Quelle: Thorsten Richter

Marburg. Das Universitätsklinikum Gießen-Marburg (UKGM) auf den Lahnbergen wird bis Juli ein erstes Einsatz- und Personalkonzept erarbeiten, parallel wird die Suche nach einem Leiter der Brand-bekämpfer forciert. Bis Jahresende soll eine spezialisierte Mannschaft einsatzbereit sein. Damit endet ein monatelanger Streit um die Sicherheit auf den Lahnbergen. Das ist nach OP-Informationen das Ergebnis von Gesprächen zwischen Klinik-Vertretern und Regierungspräsidium (RP) vor wenigen Tagen. „Der jahrelange Stillstand neigt sich dem Ende, wir arbeiten jetzt an einem konkreten Konzept. Bis zu den Sommerferien wird das fertig sein“, sagt Holger Thiemann, kaufmännischer Geschäfts-führer des UKGM. Ein erster Schritt ist die Aufstellung eines Bedarfs- und Entwicklungsplans. Dieser soll vor allem die größten Gefahren-quellen benennen und erforschen. Außerdem sollen die Ausrückzeiten zu allen möglichen Einsatzorten präzise erfasst werden. „Die Mindestan-forderung an die Wehr ist, dass sie rund um die Uhr besetzt und einsatzbereit ist. Die personelle Besetzung umfasst demnach sechs geschulte Kräfte“, sagt Gabriele Fischer, Sprecherin des Regierungspräsidiums Gießen.Diese Anforderungen kennt Thiemann, er warnt jedoch vor Hektik und Aktionismus. „Es geht darum, einen Schnellschuss zu vermeiden. Wir setzten die Pläne um, streben aber eine vernünftige Lösung mit Sinn und Verstand an - ohne Druck aus verschiedenen Feldern“, sagt er. „Die Hausaufgaben sind wohl gemacht, das Zögern hat eine Ende. Somit ist ein Start zum Jahresende realistisch“, sagt Carmen Werner, Marburgs Feuerwehr-Chefin.
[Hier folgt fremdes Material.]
-- ===== src/Tests/Trees.antt =====
-- The lowering of a syntax tree, and the comparison of texts.
use compute_ql.Shared.{◌≡◌, refl, ◌↔◌, ◌||◌, true, false, [], ◌∷◌, map, length}
use compute_ql.Text.{Text, str8_lit, str8_match, match_any_case, match_exact}
use compute_ql.Text.Match.{adjusted, str8_match_iff}
use compute_ql.Sql.Tree.{SqlNodeType, SqlNode, SqlNodes, sql}
use compute_ql.Ir.{NodeType, Node, node, nil, cons}
use compute_ql.Ir.Columns.{
  ir_create_active_column_list, ir_expand_star_to_columns, is_listed, uses, distinct,
  active_column_list-exact,
}
use compute_ql.Tests.Data.{both_tests, shop}
use compute_ql.Ir.Lower.{ir_generate_recursive, ir_generate_from_ast}
use compute_ql.Ir.Lower.Faithful.{image, from_ast_image}
use compute_ql.Ir.Lower.RoundTrip.{
  raise, is_plain, mentions, raise-ir_generate_recursive, ir_generate_recursive-no_semi_join,
}

-- SELECT … FROM t
abbrev select_tree : SqlNode
select_tree = sql SqlNodeType.select [] (
    SqlNodes.cons (sql SqlNodeType.column_list [] SqlNodes.nil)
      (SqlNodes.cons (sql SqlNodeType.table (str8_lit "t") SqlNodes.nil) SqlNodes.nil))

from_ast_image_example :
    ir_generate_from_ast (select_tree ∷ [])
    ≡ record { execution_nodes = map image (select_tree ∷ []); count = length (select_tree ∷ []) }
from_ast_image_example = from_ast_image (select_tree ∷ [])

plain : is_plain select_tree ≡ true
unfolding is_plain compute_ql.Ir.Lower.RoundTrip.is_plain_type
plain = refl

raise-ir_generate_recursive_example : raise (ir_generate_recursive select_tree) ≡ select_tree
raise-ir_generate_recursive_example = raise-ir_generate_recursive select_tree plain

ir_generate_recursive-no_semi_join_example :
    mentions NodeType.semi_join (ir_generate_recursive select_tree) ≡ false
ir_generate_recursive-no_semi_join_example = ir_generate_recursive-no_semi_join select_tree

str8_match_iff_example :
    (str8_match (str8_lit "And") (str8_lit "AND") match_any_case ≡ true)
    ↔ (adjusted match_any_case (str8_lit "And") ≡ adjusted match_any_case (str8_lit "AND"))
str8_match_iff_example = str8_match_iff (str8_lit "And") (str8_lit "AND") match_any_case refl

none_twice : distinct [] ≡ true
unfolding distinct
none_twice = refl

active_column_list-exact_example :
    (distinct (ir_create_active_column_list both_tests []) ≡ true)
    × ((name : Text)
        → is_listed (ir_create_active_column_list both_tests []) name
          ≡ (is_listed [] name || uses both_tests name))
active_column_list-exact_example = active_column_list-exact both_tests [] none_twice

active_columns_run :
    ir_create_active_column_list both_tests [] ≡ str8_lit "id" ∷ (str8_lit "sku" ∷ [])
unfolding ir_create_active_column_list compute_ql.Ir.same_type compute_ql.Ir.Columns.note_column
    is_listed str8_match
active_columns_run = refl

-- SELECT * FROM orders
abbrev star_query : Node
star_query = node NodeType.select [] (
    cons (node NodeType.column_list [] (cons (node NodeType.column (str8_lit "*") nil) nil))
      (cons (node NodeType.table (str8_lit "orders") nil) nil))

star_run :
    ir_expand_star_to_columns shop star_query
    ≡ node NodeType.select [] (
        cons
          (node NodeType.column_list [] (cons (node NodeType.column (str8_lit "id") nil) nil))
          (cons (node NodeType.table (str8_lit "orders") nil) nil))
unfolding ir_expand_star_to_columns compute_ql.Ir.ir_node_find_child compute_ql.Ir.same_type
    compute_ql.Ir.Columns.is_star str8_match compute_ql.Text.match_loop compute_ql.Text.adjust_char
    compute_ql.Ir.Columns.write_children compute_ql.Ir.Columns.column_nodes
    compute_ql.Catalog.cql_database_find_table_or_catalog compute_ql.Catalog.find_table_in
star_run = refl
Die seit 1990 auf den Lahnbergen stationierte Betriebsfeuerwehr reichte den Aufsichtsbehörden nicht mehr aus, sie forderten eine Stärkung der Brandbekämpfung für das Klinikum - zumal die Belastung der öffentlichen Wehren durch Fehlalarme zunahm. Mehr als 50-mal rückten die ehrenamtlichen Retter alleine vergangenes Jahr umsonst aus. Zuletzt kamen zudem Zweifel auf, ob die bereitstehenden Löschzüge in der Innenstadt - oder der neu gegründeten freiwilligen Feuwehr in Bauerbach - im Katastrophenfall rechtzeitig eintreffen würden. Anstatt, wie gesetzlich vorgeschieben, unter zehn Minuten, wären es Berechnungen zufolge bis zum Eintreffen der Helfer eher elf bis zwölf Minuten. Thiemann zufolge ist es ein Plan, die Werks- mit der öffentlichen Wehr im Stadtzentrum zu verzahnen. „Dazu gibt verschiedene Überlegungen. Etwa, alles unter dem Dach der Gemeindefeuerwehr laufen zu lassen, oder eine Eigenbildung am Standort“, sagt Werner. Helfen werde die öffentliche Wehr immer, „alleine schon, weil auch Universitäts-Gebäude, für die wir zuständig sind, in der Klinik-Nachbarschaft stehen“.

Ursprünglich drängte das RP auf eine Wehr-Gründung bereits im Januar dieses Jahres. Um künftig Streit zu vermeiden, werden nun Monats-berichte des UKGM an die Aufsichtsbehörden geliefert.